Seth: Christine, your microphone is on.

*Hugs Seth and Christine* Broadway's Best 77 is the BEST Sirius channel EVER. Just because of Seth and Chwistie.



Mar. 19th, 2005 05:39 pm
perididdle: (Happy Happens Anya - silverxdarkness)
My muse is such a dork.


She's very, VERY excited. She just completed the entire first level of the first Spyro...all of the little worlds in the Artisan world. She did this in 33 minutes. Yesh. I'm not sure what my record is, I tend to get bored with that world and do it in little bits and pieces.
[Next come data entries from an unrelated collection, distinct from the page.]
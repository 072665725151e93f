-- ===== src/Store/File/Durable.antt =====
-- The log on disk and the store in memory: what survives a restart, after each write and each failure.
use mastomini.Prelude.{
  Option-cases, ◌≢◌, length-drop, ℕ, suc, ◌-◌, ◌<◌, ◌^◌, ◌≡◌, refl, ap, ◌∙◌, true, some, none, List,
  [], ◌∷◌, ◌++◌, ltb, length, take, drop, take-append_le, take-append_ge, length-take, Result, ok,
  arith, All, Bool-cases, inl, inr,
}
use mastomini.Prelude.Bytes.{Bytes, bytes_eq}
use mastomini.Store.Base.{StoreError}
use mastomini.Store.Mem.{MemStore, default}
use mastomini.Store.File.{magic, replay_from, replay}
use mastomini.Store.File.Replay.{
  Op, IsOp, records, perform_all, replay_from_total, replay_from_unique,
}
use mastomini.Store.File.Torn.{Upto, replay_from-cut_short}

bytes_eq_refl : (bs : Bytes) → bytes_eq bs bs ≡ true
bytes_eq_refl [] = refl
bytes_eq_refl (b ∷ bs) = ground (arith, bytes_eq_refl bs)

module _ (crc32 : Bytes → ℕ) where
  -- The file that the operations leave.
  abbrev pub log : List Op → Bytes
  log ops = magic ++ records crc32 ops

  replay-magic :
      (bytes : Bytes) (mem : MemStore)
      → replay crc32 (magic ++ bytes) mem
        ≡ replay_from crc32 (suc (length (magic ++ bytes))) 8 bytes mem
  unfolding replay
  replay-magic bytes mem = ground arith

  replay-short :
      (bytes : Bytes) (mem : MemStore)
      → length bytes < 8
      → bytes_eq (take (length bytes) magic) bytes ≡ true
      → replay crc32 bytes mem ≡ some (ok mem)
  unfolding replay
  replay-short bytes mem h same = ground arith

  replay_prefix : (n : ℕ) (mem : MemStore) → n < 8 → replay crc32 (take n magic) mem ≡ some (ok mem)
  replay_prefix n mem h =
      let size : length (take n magic) ≡ n = length-take n magic (omega arith) in
      replay-short (take n magic) mem (omega arith)
        (ap (λ m. bytes_eq (take m magic) (take n magic)) size ∙ bytes_eq_refl (take n magic))

  -- What a replay with some fuel returns, `replay` returns.
  pub replay-magic_of :
      (bytes : Bytes) (mem : MemStore) (fuel : ℕ) (r : Result StoreError MemStore)
      → replay_from crc32 fuel 8 bytes mem ≡ some r
      → replay crc32 (magic ++ bytes) mem ≡ some r
  replay-magic_of bytes mem fuel r h =
      let enough = suc (length (magic ++ bytes)) in
      let (t, ends) = replay_from_total crc32 enough 8 bytes mem (omega arith) in
      let same = replay_from_unique crc32 enough fuel 8 bytes mem t r ends h in
      replay-magic bytes mem ∙ ends ∙ ap some same

  -- For every file and every store, the replay ends with a result: the fuel, one more than the
  -- number of bytes, is enough for the loop.
  pub replay_total :
      (bytes : Bytes) (mem : MemStore)
      → (r : Result StoreError MemStore) × (replay crc32 bytes mem ≡ some r)
  unfolding replay
  replay_total bytes mem =
      let (r, ends) =
        replay_from_total crc32 (suc (length bytes)) 8 (drop 8 bytes) mem
          (omega (arith, length-drop 8 bytes)) in
      elim (Option-cases (replay crc32 bytes mem)) [
        | inl stuck ↦ absurd (stuck_replay r ends stuck)
        | inr found ↦ found
      ]
    where
      stuck_replay :
          (r : Result StoreError MemStore)
          → replay_from crc32 (suc (length bytes)) 8 (drop 8 bytes) mem ≡ some r
          → replay crc32 bytes mem ≢ none
      stuck_replay r ends stuck = ground arith

  module _ (crc32_bound : (bytes : Bytes) → crc32 bytes < 2 ^ 32) where
    -- For a 32-bit checksum, valid operations that succeed from the empty store, and a cut of
    -- their log after any number of bytes, the replay of what is left succeeds, and its state is
    -- the one after some first operations of the log.
    pub replay_cut :
        (ops : List Op) (mem : MemStore) (n : ℕ)
        → All IsOp ops
        → perform_all ops default ≡ ok mem
        → (u : Upto ops default) × (replay crc32 (take n (log ops)) default ≡ some (ok u.state))
    replay_cut ops mem n a done = elim (Bool-cases (ltb n 8)) [
      | inl header ↦ (
        record { count = 0; state = default; reached = refl },
        rw (take-append_le n magic (records crc32 ops) (ground arith))
            (replay_prefix n default (ground arith)),
      )
      | inr body ↦
          let (u, h) = replay_from-cut_short crc32 crc32_bound ops default mem (n - 8) 8 a done in
          (
            u,
            rw (take-append_ge n magic (records crc32 ops) (ground arith)) (
                replay-magic_of (take (n - 8) (records crc32 ops)) default (suc (length ops))
                  (ok u.state) h),
          )
    ]
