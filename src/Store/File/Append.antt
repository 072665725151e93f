-- ===== src/Store/File/Append.antt =====
-- Each write of `FileStore`: what it leaves in the file, whatever becomes of its bytes.
use mathlib.Core.List.{append-nil, append_assoc}
use mastomini.Prelude.{
  ℕ, ◌+◌, ◌<◌, ◌^◌, ◌≡◌, ◌⊎◌, refl, sym, ap, ◌∙◌, some, List, [], ◌∷◌, ◌++◌, length, take, Result,
  ok, err, ◌>>=◌, All, Result-cases, inl, inr,
}
use mastomini.Prelude.Bytes.{Bytes}
use mastomini.Store.Base.{StoreError}
use mastomini.Store.Mem.{MemStore, default}
use mastomini.Store.File.{magic, os_error, FileStore, replay_from, replay}
use mastomini.Store.File.Replay.{
  Op, payload_of, perform, IsOp, valid_length-payload_of, record_of, records, perform_all,
  replay_from-records,
}
use mastomini.Store.File.Torn.{torn_frame}
use mastomini.Store.File.Durable.{log, replay-magic_of}

perform_all-snoc :
    (ops : List Op) (op : Op) (mem : MemStore)
    → perform_all (ops ++ (op ∷ [])) mem ≡ (perform_all ops mem >>= perform op)
perform_all-snoc [] op mem = elim (Result-cases (perform op mem)) [
  | inl (next, e) ↦ rw e
  | inr (error, e) ↦ rw e
]
perform_all-snoc (o ∷ ops) op mem = elim (Result-cases (perform o mem)) [
  | inl (next, e) ↦ rw e (perform_all-snoc ops op next)
  | inr (error, e) ↦ rw e
]

All-snoc : (ops : List Op) (op : Op) → All IsOp ops → IsOp op → All IsOp (ops ++ (op ∷ []))
All-snoc [] op a h = (h, tt)
All-snoc (o ∷ ops) op a h = (a.0, All-snoc ops op a.1 h)

module _ (crc32 : Bytes → ℕ) where
  records-snoc :
      (ops : List Op) (op : Op)
      → records crc32 (ops ++ (op ∷ [])) ≡ records crc32 ops ++ record_of crc32 op
  records-snoc [] op = append-nil (record_of crc32 op)
  records-snoc (o ∷ ops) op =
      ap (λ t. record_of crc32 o ++ t) (records-snoc ops op)
      ∙ sym (append_assoc (record_of crc32 o) (records crc32 ops) (record_of crc32 op))

  -- The file holds whole records, of operations whose outcome is the store in memory.
  pub record IsLogged (file : Bytes) (mem : MemStore) : Type 0 where
    pub ops : List Op
    pub valid : All IsOp ops
    pub holds : file ≡ log crc32 ops
    pub performed : perform_all ops default ≡ ok mem

  pub IsLogged-append :
      (op : Op) {file : Bytes} {mem next : MemStore}
      → IsOp op
      → perform op mem ≡ ok next
      → IsLogged file mem
      → IsLogged (file ++ record_of crc32 op) next
  IsLogged-append op h done l = record {
    ops = l.ops ++ (op ∷ []);
    valid = All-snoc l.ops op l.valid h;
    holds =
        ap (λ f. f ++ record_of crc32 op) l.holds
        ∙ append_assoc magic (records crc32 l.ops) (record_of crc32 op)
        ∙ ap (λ t. magic ++ t) (sym (records-snoc l.ops op));
    performed = rw (perform_all-snoc l.ops op default, l.performed) done;
  }

  -- What a write of `mem`, to become `next`, has done. Acknowledged, the file holds the new state.
  -- Failed, the error is the operating system's, the memory is as it was, and the file still replays, to the old state or to the new
  -- one.
  abbrev pub Survives : MemStore → MemStore → Result StoreError (Unit {0}) × FileStore → Type 0
  Survives mem next (ok _, s) = IsLogged s.file s.mem × (s.mem ≡ next)
  Survives mem next (err e, s) =
      (e ≡ os_error)
      × (s.mem ≡ mem)
      × ((m : MemStore) × (replay crc32 s.file default ≡ some (ok m)) × ((m ≡ mem) ⊎ (m ≡ next)))

  module _ (crc32_bound : (bytes : Bytes) → crc32 bytes < 2 ^ 32) where
    -- Whole records and a part of one more replay to the state after the whole ones.
    pub replay-torn :
        {file : Bytes} {mem : MemStore} (op : Op) (n : ℕ)
        → IsOp op
        → IsLogged file mem
        → n < length (record_of crc32 op)
        → replay crc32 (file ++ take n (record_of crc32 op)) default ≡ some (ok mem)
    replay-torn {mem = mem} op n h l short =
        let tail = take n (record_of crc32 op) in
        rw (l.holds, append_assoc magic (records crc32 l.ops) tail)
          (replay-magic_of crc32 (records crc32 l.ops ++ tail) default (length l.ops + 1) (ok mem) (
            replay_from-records crc32 crc32_bound l.ops default mem 1 8 tail (ok mem) l.valid
              l.performed
              (torn_frame crc32 0 (8 + length (records crc32 l.ops)) n (payload_of op) mem
                (valid_length-payload_of op h) short)))

    -- For a 32-bit checksum, the replay of a file whose whole records are valid operations that
    -- give the store in memory from the empty one succeeds and gives that store.
    pub replay-IsLogged :
        {file : Bytes} {mem : MemStore}
        → IsLogged file mem
        → replay crc32 file default ≡ some (ok mem)
    unfolding replay_from
    replay-IsLogged {mem = mem} l = rw (l.holds) (
        replay-magic_of crc32 (records crc32 l.ops) default (length l.ops + 1) (ok mem) (
          rw (← append-nil (records crc32 l.ops)) (
            replay_from-records crc32 crc32_bound l.ops default mem 1 8 [] (ok mem) l.valid
              l.performed refl)))
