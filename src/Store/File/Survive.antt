-- ===== src/Store/File/Survive.antt =====
-- `set` and `erase` of `FileStore`, whatever becomes of the bytes that they append.
use mastomini.Prelude.{
  ◌⊎◌, zero, suc, take_nil, ℕ, ◌≤◌, ◌<◌, ◌^◌, ◌≡◌, refl, some, none, List, [], ◌∷◌, ◌++◌, length,
  take, ltb, arith, ◌⊎◌, zero, suc, take_nil, Result, ok, err, Result-cases, Option-cases,
  Bool-cases, inl, inr, ap, ◌∙◌, sym,
}
use mastomini.Prelude.Bytes.{Bytes}
use mastomini.Prelude.Map.{get}
use mastomini.Store.Key.Order.{slot_ord}
use mastomini.Store.Base.{Ns, StoreError, value_max}
use mastomini.Store.Key.{Key}
use mastomini.Store.Contract.{IsKey}
use mastomini.Store.Mem.{MemStore, default, check_fits, mem_get, mem_set, mem_erase}
use mastomini.Store.File.{
  outcome, FileStore, Fate, durable, torn, unsynced, next_fate, append, append_then, replay, frame,
  written, encode, op_set, op_erase, file_set, file_erase,
}
use mastomini.Store.File.Replay.{Op, put_op, erase_op, payload_of, perform, IsOp, record_of}
use mastomini.Store.File.Append.{IsLogged, IsLogged-append, Survives, replay-torn, replay-IsLogged}

take_ge : {A : Type 0} (n : ℕ) (xs : List A) → length xs ≤ n → take n xs ≡ xs
take_ge n [] h = take_nil n
take_ge zero (x ∷ xs) h = absurd (omega arith)
take_ge (suc n) (x ∷ xs) h = ap (λ t. x ∷ t) (take_ge n xs (omega arith))

fits_small :
    (ns : Ns) (k : Key) (n : ℕ) (mem : MemStore) → check_fits ns k n mem ≡ ok tt → n ≤ value_max
unfolding check_fits
fits_small ns k n mem h = ground arith

pub mem_set-fits :
    (ns : Ns) (k : Key) (value : Bytes) (mem : MemStore)
    → check_fits ns k (length value) mem ≡ ok tt
    → mem_set ns k value mem ≡ (ok tt, (mem_set ns k value mem).1)
unfolding mem_set
mem_set-fits ns k value mem e = rw (e, mem_set) refl

pub mem_erase-ok :
    (ns : Ns) (k : Key) (mem : MemStore) → mem_erase ns k mem ≡ (ok tt, (mem_erase ns k mem).1)
unfolding mem_erase
mem_erase-ok ns k mem = elim (Option-cases (get (ns, k) mem.map)) [
  | inl absent ↦ rw (absent, mem_erase) refl
  | inr (old, e) ↦ rw (e, mem_erase) refl
]

module _ (crc32 : Bytes → ℕ) (crc32_bound : (bytes : Bytes) → crc32 bytes < 2 ^ 32) where
  replay-torn_any :
      {file : Bytes} {mem next : MemStore} (op : Op) (n : ℕ)
      → IsOp op
      → perform op mem ≡ ok next
      → IsLogged crc32 file mem
      → (m : MemStore) × (replay crc32 (file ++ take n (record_of crc32 op)) default ≡ some (ok m))
        × ((m ≡ mem) ⊎ (m ≡ next))
  replay-torn_any {file = file} {mem = mem} {next = next} op n h done l =
      elim (Bool-cases (ltb n (length (record_of crc32 op)))) [
        | inl short ↦ (mem, replay-torn crc32 crc32_bound op n h l (ground arith), inl refl)
        | inr whole ↦ (
          next,
          rw (take_ge n (record_of crc32 op) (ground arith))
              (replay-IsLogged crc32 crc32_bound (IsLogged-append crc32 op h done l)),
          inr refl,
        )
      ]

  pub append-eq :
      (o : ℕ) (ns : Ns) (k : Key) (value : Bytes) (payload : Bytes) (s : FileStore) (fate : Fate)
      (fates : List Fate)
      → payload ≡ encode o ns k value
      → next_fate s.fates ≡ (fate, fates)
      → append crc32 o ns k value s ≡ (
        (written fate (frame crc32 payload)).0,
        record s { file = s.file ++ (written fate (frame crc32 payload)).1; fates = fates },
      )
  unfolding append
  append-eq o ns k value payload s fate fates same e =
      ap
        (λ (f : Fate × List Fate). (
          (written f.0 (frame crc32 (encode o ns k value))).0,
          record s {
            file = s.file ++ (written f.0 (frame crc32 (encode o ns k value))).1;
            fates = f.1;
          },
        ))
        e
      ∙ ap
          (λ (p : Bytes). (
            (written fate (frame crc32 p)).0,
            record s { file = s.file ++ (written fate (frame crc32 p)).1; fates = fates },
          ))
          (sym same)

  append_then-Survives :
      (o : ℕ) (ns : Ns) (k : Key) (value : Bytes) (op : Op) (next : MemStore) (s : FileStore)
      (update : MemStore → Result StoreError (Unit {0}) × MemStore)
      → payload_of op ≡ encode o ns k value
      → IsOp op
      → perform op s.mem ≡ ok next
      → update s.mem ≡ (ok tt, next)
      → IsLogged crc32 s.file s.mem
      → Survives crc32 s.mem next (append_then crc32 (append crc32 o ns k value s) update)
  append_then-Survives o ns k value op next s update same h done up l =
      go (next_fate s.fates).0 (next_fate s.fates).1 refl
    where
      go :
          (fate : Fate) (fates : List Fate)
          → next_fate s.fates ≡ (fate, fates)
          → Survives crc32 s.mem next (append_then crc32 (append crc32 o ns k value s) update)
      go durable fates e =
          rw (append-eq o ns k value (payload_of op) s durable fates same e, up)
            (IsLogged-append crc32 op h done l, refl)
      go (torn n) fates e =
          rw (append-eq o ns k value (payload_of op) s (torn n) fates same e)
            (refl, refl, replay-torn_any op n h done l)
      go unsynced fates e = rw (append-eq o ns k value (payload_of op) s unsynced fates same e) (
        refl,
        refl,
        (next, replay-IsLogged crc32 crc32_bound (IsLogged-append crc32 op h done l), inr refl),
      )

  pub file_set-fits :
      (ns : Ns) (k : Key) (value : Bytes) (s : FileStore)
      → check_fits ns k (length value) s.mem ≡ ok tt
      → file_set crc32 ns k value s
        ≡ append_then crc32 (append crc32 op_set ns k value s) (mem_set ns k value)
  unfolding file_set
  file_set-fits ns k value s e = rw (e, file_set) refl

  pub file_set-refused :
      (ns : Ns) (k : Key) (value : Bytes) (s : FileStore) (error : StoreError)
      → check_fits ns k (length value) s.mem ≡ err error
      → file_set crc32 ns k value s ≡ (err error, s)
  unfolding file_set
  file_set-refused ns k value s error e = rw (e, file_set) refl

  pub file_erase-absent :
      (ns : Ns) (k : Key) (s : FileStore)
      → get (ns, k) s.mem.map ≡ none
      → (file_erase crc32 ns k s ≡ (ok tt, s)) × ((mem_erase ns k s.mem).1 ≡ s.mem)
  unfolding file_erase mem_erase mem_get
  file_erase-absent ns k s e = rw (e, file_erase, mem_erase) (refl, refl)

  pub file_erase-present :
      (ns : Ns) (k : Key) (s : FileStore) (old : Bytes)
      → get (ns, k) s.mem.map ≡ some old
      → file_erase crc32 ns k s
        ≡ append_then crc32 (append crc32 op_erase ns k [] s) (mem_erase ns k)
  unfolding file_erase mem_get
  file_erase-present ns k s old e = rw (e, file_erase) refl

  -- From a file whose operations give the store in memory, for a key made by `Key::new` and a
  -- 32-bit checksum, `set` of `FileStore` does one of two things. Either the value fits, and
  -- whatever becomes of the appended bytes: if it returns ok, the file's operations give the
  -- store in memory, which is what `set` of `MemStore` makes of the old one; if it returns an
  -- error, it is the operating system's, memory is as before, and a replay of the file succeeds
  -- and gives the old store or that new one. Or `check_fits` fails, and `set` returns its error
  -- and changes neither file nor memory.
  pub set-Survives :
      (ns : Ns) (k : Key) (value : Bytes) (s : FileStore)
      → IsKey k
      → IsLogged crc32 s.file s.mem
      → ((check_fits ns k (length value) s.mem ≡ ok tt)
          × Survives crc32 s.mem (mem_set ns k value s.mem).1 (file_set crc32 ns k value s))
        ⊎ ((error : StoreError) × (check_fits ns k (length value) s.mem ≡ err error)
            × (file_set crc32 ns k value s ≡ (err error, s)))
  set-Survives ns k value s key l = elim (Result-cases (check_fits ns k (length value) s.mem)) [
    | inl (_, e) ↦
        let set_ok = mem_set-fits ns k value s.mem e in
        inl (
          e,
          rw (file_set-fits ns k value s e) (
              append_then-Survives op_set ns k value (put_op ns k value)
                (mem_set ns k value s.mem).1 s (mem_set ns k value) refl
                (key, fits_small ns k (length value) s.mem e) (ap outcome set_ok) set_ok l),
        )
    | inr (error, e) ↦ inr (error, e, file_set-refused ns k value s error e)
  ]

  -- From a file whose operations give the store in memory, for a key made by `Key::new` and a
  -- 32-bit checksum, `erase` of `FileStore`, whatever becomes of the bytes that it appends: if it
  -- returns ok, the file's operations give the store in memory, which is what `erase` of
  -- `MemStore` makes of the old one; if it returns an error, it is the operating system's, memory
  -- is as before, and a replay of the file succeeds and gives the old store or that new one.
  pub erase-Survives :
      (ns : Ns) (k : Key) (s : FileStore)
      → IsKey k
      → IsLogged crc32 s.file s.mem
      → Survives crc32 s.mem (mem_erase ns k s.mem).1 (file_erase crc32 ns k s)
  erase-Survives ns k s key l = elim (Option-cases (get (ns, k) s.mem.map)) [
    | inl absent ↦
        let (unchanged, same) = file_erase-absent ns k s absent in rw unchanged (l, sym same)
    | inr (old, e) ↦
        let erase_ok = mem_erase-ok ns k s.mem in
        rw (file_erase-present ns k s old e) (
          append_then-Survives op_erase ns k [] (erase_op ns k) (mem_erase ns k s.mem).1 s
            (mem_erase ns k) refl key (ap outcome erase_ok) erase_ok l)
  ]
But Trish wants to see how long it takes to finish the whole game. SO.

Total Time: 33 minutes
This Session: 33 minutes
Dragons Rescued: 16 (Total)/16 (This Session)
Gems: ?? (Total)/?? (This Session)
Levels Finished: Artisan World
- Stony Ridge
- Dark Hollow
- Town Square
- Toasty
- Sunny Flight
Levels Finished This Session: Artisan World
- Stony Ridge
- Dark Hollow
- Town Square
- Toasty
- Sunny Flight
Eggs: 2 (Total)/2 (This Session)

I thought you would have done it in shorter.

(I kept falling in the flight levels)

You said you were GOOD at those.

(Did not.)






(*Glares right back*)

I hate her.

(No, you don't.)

Of course I do.

(Then why ain't I dead yet? I've made it to....29.)


(Whatever. Still alive.)

Stupid MC. Go whine in your own journal.